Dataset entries

------------------------------

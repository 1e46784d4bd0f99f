-- ===== src/Container/Detect/Priority.antt =====
-- Which runtime cross-node-rental/src/workspace/container.rs chooses.
use decentralized_cc_mesh_po.Base.{
  if◌then◌else◌, Result, ok, err, ℕ, suc, ◌≡◌, Bool, true, false, ◌&&◌, Option, none, some, List,
  [], ◌∷◌, arith,
}
use decentralized_cc_mesh_po.Container.Docker.{new_docker}
use decentralized_cc_mesh_po.Container.Detect.{
  Chosen, chose_libvirt, chose_gcp, chose_docker, chose_noop, chose_pty, Surroundings,
  libvirt_asked, is_set, detect_runtime,
}

is_made : {E A : Type 0} → Result E A → Bool
is_made (ok a) = true
is_made (err e) = false

is_there : {A : Type 0} → Option A → Bool
is_there none = false
is_there (some a) = true

module _ {L G P : Type 0} where
  -- Which of the four runtimes could serve, in the order of preference.
  pub ready : Surroundings L G P → List Bool
  ready s =
      (libvirt_asked s.workspace_runtime && is_made s.libvirt_from_env)
      ∷ (is_set s.gcp_project_id && is_made s.gcp_from_env)
      ∷ new_docker s.docker_version
      ∷ is_there s.pty_manager
      ∷ []

  pub rank : Chosen L G P → ℕ
  rank (chose_libvirt l) = 0
  rank (chose_gcp g) = 1
  rank chose_docker = 2
  rank (chose_pty p) = 3
  rank chose_noop = 4

-- The position of the first true, or the length.
pub first_true : List Bool → ℕ
first_true [] = 0
first_true (b ∷ bs) = if b then 0 else suc (first_true bs)

module _ {L G P : Type 0} where
  -- The chosen runtime is the first one that could serve, in the order libvirt, Google's machines,
  -- Docker, the terminal; the runtime that refuses everything is chosen only if none of them could.
  pub detect-first_true : (s : Surroundings L G P) → rank (detect_runtime s) ≡ first_true (ready s)
  unfolding detect_runtime ready rank first_true is_made is_there
  detect-first_true s = ground arith
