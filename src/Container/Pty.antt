-- ===== src/Container/Pty.antt =====
-- `PtyFallbackRuntime` of cross-node-rental/src/workspace/container.rs, over any manager of
-- terminals, whose state has type `P`.
pub mod Sessions
use decentralized_cc_mesh_po.Base.{
  if◌then◌else◌, Result, ok, err, ℕ, Bool, not, Option, some, List, [], ◌∷◌, ◌++◌,
}
use decentralized_cc_mesh_po.Libvirt.Text.{Text, codes}
use decentralized_cc_mesh_po.Libvirt.Runtime.Status.{ContainerStatus, running, stopped}
use decentralized_cc_mesh_po.Container.{ContainerRuntime}

pub record PtyManager (P : Type 0) : Type 0 where
  pub spawn_pty : Text → Text → Option Text → ℕ → ℕ → P → P × Result Text ℕ
  pub has_session : Text → P → Bool
  pub terminate_pty : Text → P → P × Result Text (Unit {0})
  pub write_input : Text → Text → P → P × Result Text (Unit {0})
  pub new_uuid : P → P × Text

-- `command.join(" ")`.
abbrev join : List Text → Text
join [] = []
join (w ∷ []) = w
join (w ∷ v ∷ ws) = w ++ codes " " ++ join (v ∷ ws)

abbrev started : {P : Type 0} → P × Result Text ℕ → P × Result Text (Unit {0})
started (p, ok pid) = (p, ok tt)
started (p, err e) = (p, err e)

abbrev written : {P : Type 0} → P × Result Text (Unit {0}) → P × Result Text Text
written (p, ok _) = (p, ok [])
written (p, err e) = (p, err e)

module _ {P : Type 0} (m : PtyManager P) where
  unfoldable pub start : Text → P → P × Result Text (Unit {0})
  start container_id p =
      started (m.spawn_pty container_id (codes "workspace") (some (codes "/bin/bash")) 80 24 p)

  -- `stop_container` and `remove_container`: the session ends if there is one.
  unfoldable pub stop : Text → P → P × Result Text (Unit {0})
  stop container_id p =
      if m.has_session container_id p then m.terminate_pty container_id p else (p, ok tt)

  unfoldable pub status : Text → P → P × Result Text ContainerStatus
  status container_id p = (p, ok (if m.has_session container_id p then running else stopped))

  -- What the command prints is not returned.
  unfoldable pub exec : Text → List Text → P → P × Result Text Text
  exec container_id command p =
      if not (m.has_session container_id p)
      then (p, err (codes "PTY fallback: no active session for container " ++ container_id))
      else written (m.write_input container_id (join command ++ 10 ∷ []) p)

  abbrev pub pty_fallback : ContainerRuntime P
  pty_fallback = record {
    runtime_name = codes "pty-fallback";
    create_container = λ config p. (let (p', id) = m.new_uuid p in (p', ok id));
    start_container = start;
    stop_container = stop;
    remove_container = stop;
    get_container_status = status;
    exec_in_container = exec;
  }
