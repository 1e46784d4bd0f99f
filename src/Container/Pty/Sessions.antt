-- ===== src/Container/Pty/Sessions.antt =====
-- The life of a pseudo-container of cross-node-rental/src/workspace/container.rs.
use decentralized_cc_mesh_po.Base.{Bool-cases, ok, ℕ, ◌≡◌, refl, inl, inr, true, false, Option}
use decentralized_cc_mesh_po.Libvirt.Text.{Text}
use decentralized_cc_mesh_po.Libvirt.Runtime.Status.{stopped}
use decentralized_cc_mesh_po.Container.Pty.{PtyManager, stop, status, pty_fallback}

-- What a manager of terminals promises: a session is there once it was spawned, and gone once it was
-- terminated.
pub record PtyLaws {P : Type 0} (m : PtyManager P) : Type 0 where
  pub spawned :
      (id user : Text) (shell : Option Text) (columns rows pid : ℕ) (p : P)
      → (m.spawn_pty id user shell columns rows p).1 ≡ ok pid
      → m.has_session id (m.spawn_pty id user shell columns rows p).0 ≡ true
  pub terminated :
      (id : Text) (p : P)
      → (m.terminate_pty id p).1 ≡ ok tt
      → m.has_session id (m.terminate_pty id p).0 ≡ false

module _ {P : Type 0} (m : PtyManager P) (laws : PtyLaws m) where
  stop_idle : (id : Text) (p : P) → m.has_session id p ≡ false → stop m id p ≡ (p, ok tt)
  unfolding stop
  stop_idle id p gone = rw (stop, gone) refl

  session-stop :
      (id : Text) (p : P) → (stop m id p).1 ≡ ok tt → m.has_session id (stop m id p).0 ≡ false
  unfolding stop
  session-stop id p e = elim (Bool-cases (m.has_session id p)) [
    | inl there ↦ rw (stop, there) (laws.terminated id p (rw (stop, there) at e))
    | inr gone ↦ rw (stop, gone) gone
  ]

  -- After a stop that succeeds a pseudo-container is stopped, and a further stop or removal succeeds
  -- and changes nothing.
  pub stop_settles :
      (id : Text) (p : P)
      → ((pty_fallback m).stop_container id p).1 ≡ ok tt
      → (((pty_fallback m).get_container_status id ((pty_fallback m).stop_container id p).0).1
          ≡ ok stopped)
        × ((pty_fallback m).remove_container id ((pty_fallback m).stop_container id p).0
            ≡ (((pty_fallback m).stop_container id p).0, ok tt))
  unfolding stop status
  stop_settles id p e =
      let gone = session-stop id p e in (rw gone refl, stop_idle id (stop m id p).0 gone)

------------------------------

#### EXERCISE AIM:
Copy out each line of the data above, exactly, if it lies between the line holding "unfoldable pub exec" and the line holding "runtime_name = codes", inclusive; copy no other line.

#### RESPONSE AREA:
  unfoldable pub exec : Text → List Text → P → P × Result Text Text
  exec container_id command p =
      if not (m.has_session container_id p)
      then (p, err (codes "PTY fallback: no active session for container " ++ container_id))
      else written (m.write_input container_id (join command ++ 10 ∷ []) p)

  abbrev pub pty_fallback : ContainerRuntime P
  pty_fallback = record {
    runtime_name = codes "pty-fallback";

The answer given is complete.